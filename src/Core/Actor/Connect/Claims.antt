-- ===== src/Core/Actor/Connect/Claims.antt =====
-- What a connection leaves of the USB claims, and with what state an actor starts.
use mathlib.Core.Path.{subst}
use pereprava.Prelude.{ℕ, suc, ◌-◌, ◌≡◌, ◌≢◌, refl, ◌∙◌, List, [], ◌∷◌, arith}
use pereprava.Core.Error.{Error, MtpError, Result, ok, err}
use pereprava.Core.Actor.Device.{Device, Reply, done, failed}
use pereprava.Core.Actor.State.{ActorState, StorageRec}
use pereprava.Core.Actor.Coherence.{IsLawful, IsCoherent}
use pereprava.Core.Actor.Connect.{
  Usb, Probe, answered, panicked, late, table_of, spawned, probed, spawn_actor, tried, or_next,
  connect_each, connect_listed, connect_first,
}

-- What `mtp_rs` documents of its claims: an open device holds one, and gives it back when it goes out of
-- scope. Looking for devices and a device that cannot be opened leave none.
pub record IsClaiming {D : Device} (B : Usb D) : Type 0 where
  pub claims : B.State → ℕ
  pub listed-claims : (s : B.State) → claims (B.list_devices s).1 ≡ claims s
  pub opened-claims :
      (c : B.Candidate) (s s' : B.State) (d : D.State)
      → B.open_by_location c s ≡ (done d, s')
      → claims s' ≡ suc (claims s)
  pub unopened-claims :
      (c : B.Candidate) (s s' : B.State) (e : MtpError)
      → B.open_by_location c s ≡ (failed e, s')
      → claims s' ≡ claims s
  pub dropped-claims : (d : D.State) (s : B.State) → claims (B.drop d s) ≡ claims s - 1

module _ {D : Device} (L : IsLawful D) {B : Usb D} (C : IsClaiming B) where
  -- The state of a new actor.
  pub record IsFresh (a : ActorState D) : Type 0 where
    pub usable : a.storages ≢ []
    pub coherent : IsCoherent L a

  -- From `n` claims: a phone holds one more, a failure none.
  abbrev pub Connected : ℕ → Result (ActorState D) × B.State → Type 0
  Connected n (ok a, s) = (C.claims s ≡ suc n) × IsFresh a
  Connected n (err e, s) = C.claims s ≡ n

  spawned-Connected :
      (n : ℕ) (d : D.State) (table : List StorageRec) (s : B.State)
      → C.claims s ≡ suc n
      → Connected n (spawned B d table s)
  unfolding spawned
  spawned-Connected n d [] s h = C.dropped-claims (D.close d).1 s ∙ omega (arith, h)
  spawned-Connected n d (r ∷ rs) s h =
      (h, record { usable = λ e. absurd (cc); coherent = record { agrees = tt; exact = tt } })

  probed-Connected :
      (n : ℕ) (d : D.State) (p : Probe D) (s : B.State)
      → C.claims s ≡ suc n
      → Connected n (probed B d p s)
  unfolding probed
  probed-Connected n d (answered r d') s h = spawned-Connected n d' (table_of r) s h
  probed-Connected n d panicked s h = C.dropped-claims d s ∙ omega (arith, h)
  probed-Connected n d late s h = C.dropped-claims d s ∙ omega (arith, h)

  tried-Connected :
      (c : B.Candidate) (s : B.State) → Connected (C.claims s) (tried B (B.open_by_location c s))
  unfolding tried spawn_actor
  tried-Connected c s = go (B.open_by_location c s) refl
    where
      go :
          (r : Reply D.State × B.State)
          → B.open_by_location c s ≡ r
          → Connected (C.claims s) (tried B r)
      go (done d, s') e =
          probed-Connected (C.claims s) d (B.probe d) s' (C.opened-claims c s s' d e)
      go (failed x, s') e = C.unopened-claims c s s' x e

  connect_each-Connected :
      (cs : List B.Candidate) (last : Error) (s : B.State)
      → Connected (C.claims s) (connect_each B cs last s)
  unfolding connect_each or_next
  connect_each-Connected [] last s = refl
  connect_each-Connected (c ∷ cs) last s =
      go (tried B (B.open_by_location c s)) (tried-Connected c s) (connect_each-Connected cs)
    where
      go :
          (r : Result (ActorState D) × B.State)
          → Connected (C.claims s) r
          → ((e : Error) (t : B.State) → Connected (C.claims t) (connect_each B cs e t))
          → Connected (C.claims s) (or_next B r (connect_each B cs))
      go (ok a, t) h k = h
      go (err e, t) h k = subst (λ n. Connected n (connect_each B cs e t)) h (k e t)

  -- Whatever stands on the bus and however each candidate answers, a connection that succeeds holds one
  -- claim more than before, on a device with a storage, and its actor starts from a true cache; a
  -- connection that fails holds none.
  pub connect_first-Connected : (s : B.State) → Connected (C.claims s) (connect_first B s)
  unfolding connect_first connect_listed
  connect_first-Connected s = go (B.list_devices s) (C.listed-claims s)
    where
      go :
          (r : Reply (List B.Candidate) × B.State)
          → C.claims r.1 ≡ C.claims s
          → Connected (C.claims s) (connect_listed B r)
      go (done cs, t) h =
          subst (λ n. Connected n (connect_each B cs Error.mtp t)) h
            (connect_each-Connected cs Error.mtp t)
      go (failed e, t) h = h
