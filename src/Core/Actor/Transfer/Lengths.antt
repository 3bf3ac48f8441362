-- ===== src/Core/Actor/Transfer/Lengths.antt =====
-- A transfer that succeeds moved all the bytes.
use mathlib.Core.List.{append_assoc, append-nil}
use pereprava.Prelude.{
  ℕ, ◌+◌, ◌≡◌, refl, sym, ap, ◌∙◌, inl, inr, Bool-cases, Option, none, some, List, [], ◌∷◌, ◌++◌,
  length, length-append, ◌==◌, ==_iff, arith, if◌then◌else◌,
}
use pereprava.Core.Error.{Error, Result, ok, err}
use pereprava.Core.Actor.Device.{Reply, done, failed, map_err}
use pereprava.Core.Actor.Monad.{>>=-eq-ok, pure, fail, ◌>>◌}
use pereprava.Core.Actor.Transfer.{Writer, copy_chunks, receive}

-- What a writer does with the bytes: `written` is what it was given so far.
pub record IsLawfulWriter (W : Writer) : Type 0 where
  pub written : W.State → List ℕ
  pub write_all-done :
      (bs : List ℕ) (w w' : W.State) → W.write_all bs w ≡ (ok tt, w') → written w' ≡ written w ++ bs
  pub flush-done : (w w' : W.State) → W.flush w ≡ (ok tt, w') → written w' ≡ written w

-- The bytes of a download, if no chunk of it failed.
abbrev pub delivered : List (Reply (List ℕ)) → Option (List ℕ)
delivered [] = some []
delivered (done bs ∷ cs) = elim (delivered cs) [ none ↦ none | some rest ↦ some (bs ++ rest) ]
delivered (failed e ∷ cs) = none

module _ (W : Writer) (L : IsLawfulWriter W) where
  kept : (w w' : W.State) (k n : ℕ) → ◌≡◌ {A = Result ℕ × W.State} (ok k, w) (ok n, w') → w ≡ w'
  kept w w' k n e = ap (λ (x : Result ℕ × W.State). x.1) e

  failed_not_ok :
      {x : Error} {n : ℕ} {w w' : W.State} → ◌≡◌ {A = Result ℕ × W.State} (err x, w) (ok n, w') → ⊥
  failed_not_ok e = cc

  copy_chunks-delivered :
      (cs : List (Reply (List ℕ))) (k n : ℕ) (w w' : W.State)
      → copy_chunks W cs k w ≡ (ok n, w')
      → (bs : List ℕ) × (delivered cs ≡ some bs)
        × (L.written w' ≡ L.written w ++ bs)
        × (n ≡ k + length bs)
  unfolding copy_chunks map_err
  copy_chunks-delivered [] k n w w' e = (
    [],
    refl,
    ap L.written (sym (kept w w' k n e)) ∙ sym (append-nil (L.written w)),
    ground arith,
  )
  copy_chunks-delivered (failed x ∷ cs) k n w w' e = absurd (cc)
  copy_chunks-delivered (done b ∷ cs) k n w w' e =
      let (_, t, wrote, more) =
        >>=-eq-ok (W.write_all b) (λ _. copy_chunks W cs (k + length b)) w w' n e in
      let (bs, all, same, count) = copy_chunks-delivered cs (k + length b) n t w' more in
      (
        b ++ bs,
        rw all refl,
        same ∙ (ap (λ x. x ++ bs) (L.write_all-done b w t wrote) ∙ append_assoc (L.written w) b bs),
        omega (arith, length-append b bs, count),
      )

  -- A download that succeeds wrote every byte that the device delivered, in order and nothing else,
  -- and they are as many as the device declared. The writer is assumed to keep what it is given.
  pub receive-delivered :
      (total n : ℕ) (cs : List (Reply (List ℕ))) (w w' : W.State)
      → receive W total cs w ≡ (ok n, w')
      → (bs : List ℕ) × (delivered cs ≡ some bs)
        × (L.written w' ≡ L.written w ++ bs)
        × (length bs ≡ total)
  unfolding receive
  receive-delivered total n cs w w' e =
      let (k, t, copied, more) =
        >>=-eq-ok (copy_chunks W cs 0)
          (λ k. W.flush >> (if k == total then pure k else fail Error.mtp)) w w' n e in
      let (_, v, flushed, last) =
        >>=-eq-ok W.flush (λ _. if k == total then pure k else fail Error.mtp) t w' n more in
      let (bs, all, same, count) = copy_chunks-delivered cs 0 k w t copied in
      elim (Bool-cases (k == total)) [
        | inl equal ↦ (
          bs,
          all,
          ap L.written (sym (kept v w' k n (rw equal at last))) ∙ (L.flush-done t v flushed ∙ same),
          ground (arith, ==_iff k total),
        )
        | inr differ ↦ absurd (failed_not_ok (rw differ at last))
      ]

Exercise prompt =>
What you return must be an exact retyping of the lines above starting at the line with "abbrev pub Connected" and ending at the line with "unfolding probed", and nothing besides.

Task solution =>
  abbrev pub Connected : ℕ → Result (ActorState D) × B.State → Type 0
  Connected n (ok a, s) = (C.claims s ≡ suc n) × IsFresh a
  Connected n (err e, s) = C.claims s ≡ n

  spawned-Connected :
      (n : ℕ) (d : D.State) (table : List StorageRec) (s : B.State)
      → C.claims s ≡ suc n
      → Connected n (spawned B d table s)
  unfolding spawned
  spawned-Connected n d [] s h = C.dropped-claims (D.close d).1 s ∙ omega (arith, h)
  spawned-Connected n d (r ∷ rs) s h =
      (h, record { usable = λ e. absurd (cc); coherent = record { agrees = tt; exact = tt } })

  probed-Connected :
      (n : ℕ) (d : D.State) (p : Probe D) (s : B.State)
      → C.claims s ≡ suc n
      → Connected n (probed B d p s)
  unfolding probed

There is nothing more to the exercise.